▸ AIM OF THE TASK
Copy every line below. Do not alter any of them.

▸ RECORDS
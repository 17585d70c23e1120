-- ===== src/Docs/Setup/Expander.antt =====
-- The messages that `navExpander` of docs/js/app.js posts to the list.
use oauth.Prelude.{
  ℕ, ◌<◌, ◌≤◌, ◌≡◌, refl, sym, ap, ◌∙◌, ◌⊎◌, inl, inr, List, [], ◌∷◌, ◌++◌, true, false, Option,
  none, some, ◌==◌, append-nil, All, Bytes, arith, length, Bool-cases,
}
use mathlib.Core.Path.{subst}
use oauth.Docs.Setup.{Setup}
use oauth.Docs.Setup.Events.{expand_nav_path, post_message, post_all, load_frame, Event, run}
use oauth.Docs.Setup.Expanding.{Listening, Pending, run-Expanding}

post_message-older : (t : ℕ) (s : Setup) → t < s.nav_expander_token → post_message t s ≡ s
unfolding post_message
post_message-older t s before =
    let old : (t == s.nav_expander_token) ≡ false = ground arith in rw old refl

post_message-latest :
    (s : Setup) → post_message s.nav_expander_token s ≡ expand_nav_path s.path_id s
unfolding post_message
post_message-latest s =
    let latest : (s.nav_expander_token == s.nav_expander_token) ≡ true = ground arith in
    rw latest refl

-- The callbacks of earlier calls do nothing.
post_all-older :
    (older rest : List ℕ) (s : Setup)
    → All (λ t. t < s.nav_expander_token) older
    → post_all (older ++ rest) s ≡ post_all rest s
unfolding post_all
post_all-older [] rest s h = refl
post_all-older (t ∷ older) rest s (before, h) =
    ap (post_all (older ++ rest)) (post_message-older t s before) ∙ post_all-older older rest s h

-- At most one message has been posted, with the path of the page.
abbrev pub PostsOnce : Setup → Setup → Type 0
PostsOnce before after =
    (after.posted ≡ before.posted)
    ⊎ ((path : Bytes) × (before.path_id ≡ some (some path))
        × (after.posted ≡ before.posted ++ path ∷ []))

expand_nav_path-once :
    (path_id : Option (Option Bytes)) (s : Setup)
    → (expand_nav_path path_id s).posted ≡ s.posted
      ⊎ ((path : Bytes) × (path_id ≡ some (some path))
          × ((expand_nav_path path_id s).posted ≡ s.posted ++ path ∷ []))
unfolding expand_nav_path
expand_nav_path-once (some (some path)) s = elim (Bool-cases s.has_frame) [
  | inl framed ↦ inr (path, refl, rw framed refl)
  | inr no_frame ↦ inl (rw no_frame refl)
]
expand_nav_path-once (some none) s = inl refl
expand_nav_path-once none s = inl refl

load_frame-once :
    (s : Setup) → Listening s.nav_expander_token s.frame_listeners → PostsOnce s (load_frame s)
unfolding load_frame post_all
load_frame-once s (older, before, inl e) =
    let shown = record s { frame_listeners = [] } in
    inl (
      ap (λ t. t.posted)
        (ap (λ ts. post_all ts shown) (e ∙ sym (append-nil older))
          ∙ post_all-older older [] shown before))
load_frame-once s (older, before, inr e) =
    let shown = record s { frame_listeners = [] } in
    let same =
      ap (λ ts. post_all ts shown) e
      ∙ post_all-older older (s.nav_expander_token ∷ []) shown before
      ∙ post_message-latest shown in
    subst (PostsOnce s) (sym same) (expand_nav_path-once s.path_id shown)

timers-one :
    (timer : Option ℕ) (token : ℕ) (timers : List (ℕ × ℕ))
    → Pending timer token timers
    → length timers ≤ 1
timers-one timer token timers (inl e) = rw e (omega arith)
timers-one timer token timers (inr (id, e, one)) = rw one (omega arith)

-- After any events on a page where nothing listens for a load of the frame and no timer is pending:
-- a load of the frame posts at most one message, with the path of the page that is shown then,
-- however many calls of `navExpander` were waiting for it, and at most one timer is pending.
pub run-PostsOnce :
    (events : List Event) (s : Setup)
    → s.frame_listeners ≡ []
    → s.timers ≡ []
    → PostsOnce (run events s) (load_frame (run events s)) × (length (run events s).timers ≤ 1)
run-PostsOnce events s no_listener no_timer =
    let (listening, pending) = run-Expanding events s (([], tt, inl no_listener), inl no_timer) in
    let last = run events s in
    (
      load_frame-once last listening,
      timers-one last.nav_expander_timer last.nav_expander_token last.timers pending,
    )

▸ REPLY TO THE EXERCISE
repository 17585d70c23e1120
-- ===== src/Docs/Setup/Expander.antt =====
-- The messages that `navExpander` of docs/js/app.js posts to the list.
use oauth.Prelude.{
  ℕ, ◌<◌, ◌≤◌, ◌≡◌, refl, sym, ap, ◌∙◌, ◌⊎◌, inl, inr, List, [], ◌∷◌, ◌++◌, true, false, Option,
  none, some, ◌==◌, append-nil, All, Bytes, arith, length, Bool-cases,
}
use mathlib.Core.Path.{subst}
use oauth.Docs.Setup.{Setup}
use oauth.Docs.Setup.Events.{expand_nav_path, post_message, post_all, load_frame, Event, run}
use oauth.Docs.Setup.Expanding.{Listening, Pending, run-Expanding}

post_message-older : (t : ℕ) (s : Setup) → t < s.nav_expander_token → post_message t s ≡ s
unfolding post_message
post_message-older t s before =
    let old : (t == s.nav_expander_token) ≡ false = ground arith in rw old refl

post_message-latest :
    (s : Setup) → post_message s.nav_expander_token s ≡ expand_nav_path s.path_id s
unfolding post_message
post_message-latest s =
    let latest : (s.nav_expander_token == s.nav_expander_token) ≡ true = ground arith in
    rw latest refl

-- The callbacks of earlier calls do nothing.
post_all-older :
    (older rest : List ℕ) (s : Setup)
    → All (λ t. t < s.nav_expander_token) older
    → post_all (older ++ rest) s ≡ post_all rest s
unfolding post_all
post_all-older [] rest s h = refl
post_all-older (t ∷ older) rest s (before, h) =
    ap (post_all (older ++ rest)) (post_message-older t s before) ∙ post_all-older older rest s h

-- At most one message has been posted, with the path of the page.
abbrev pub PostsOnce : Setup → Setup → Type 0
PostsOnce before after =
    (after.posted ≡ before.posted)
    ⊎ ((path : Bytes) × (before.path_id ≡ some (some path))
        × (after.posted ≡ before.posted ++ path ∷ []))

expand_nav_path-once :
    (path_id : Option (Option Bytes)) (s : Setup)
    → (expand_nav_path path_id s).posted ≡ s.posted
      ⊎ ((path : Bytes) × (path_id ≡ some (some path))
          × ((expand_nav_path path_id s).posted ≡ s.posted ++ path ∷ []))
unfolding expand_nav_path
expand_nav_path-once (some (some path)) s = elim (Bool-cases s.has_frame) [
  | inl framed ↦ inr (path, refl, rw framed refl)
  | inr no_frame ↦ inl (rw no_frame refl)
]
expand_nav_path-once (some none) s = inl refl
expand_nav_path-once none s = inl refl

load_frame-once :
    (s : Setup) → Listening s.nav_expander_token s.frame_listeners → PostsOnce s (load_frame s)
unfolding load_frame post_all
load_frame-once s (older, before, inl e) =
    let shown = record s { frame_listeners = [] } in
    inl (
      ap (λ t. t.posted)
        (ap (λ ts. post_all ts shown) (e ∙ sym (append-nil older))
          ∙ post_all-older older [] shown before))
load_frame-once s (older, before, inr e) =
    let shown = record s { frame_listeners = [] } in
    let same =
      ap (λ ts. post_all ts shown) e
      ∙ post_all-older older (s.nav_expander_token ∷ []) shown before
      ∙ post_message-latest shown in
    subst (PostsOnce s) (sym same) (expand_nav_path-once s.path_id shown)

timers-one :
    (timer : Option ℕ) (token : ℕ) (timers : List (ℕ × ℕ))
    → Pending timer token timers
    → length timers ≤ 1
timers-one timer token timers (inl e) = rw e (omega arith)
timers-one timer token timers (inr (id, e, one)) = rw one (omega arith)

-- After any events on a page where nothing listens for a load of the frame and no timer is pending:
-- a load of the frame posts at most one message, with the path of the page that is shown then,
-- however many calls of `navExpander` were waiting for it, and at most one timer is pending.
pub run-PostsOnce :
    (events : List Event) (s : Setup)
    → s.frame_listeners ≡ []
    → s.timers ≡ []
    → PostsOnce (run events s) (load_frame (run events s)) × (length (run events s).timers ≤ 1)
run-PostsOnce events s no_listener no_timer =
    let (listening, pending) = run-Expanding events s (([], tt, inl no_listener), inl no_timer) in
    let last = run events s in
    (
      load_frame-once last listening,
      timers-one last.nav_expander_timer last.nav_expander_token last.timers pending,
    )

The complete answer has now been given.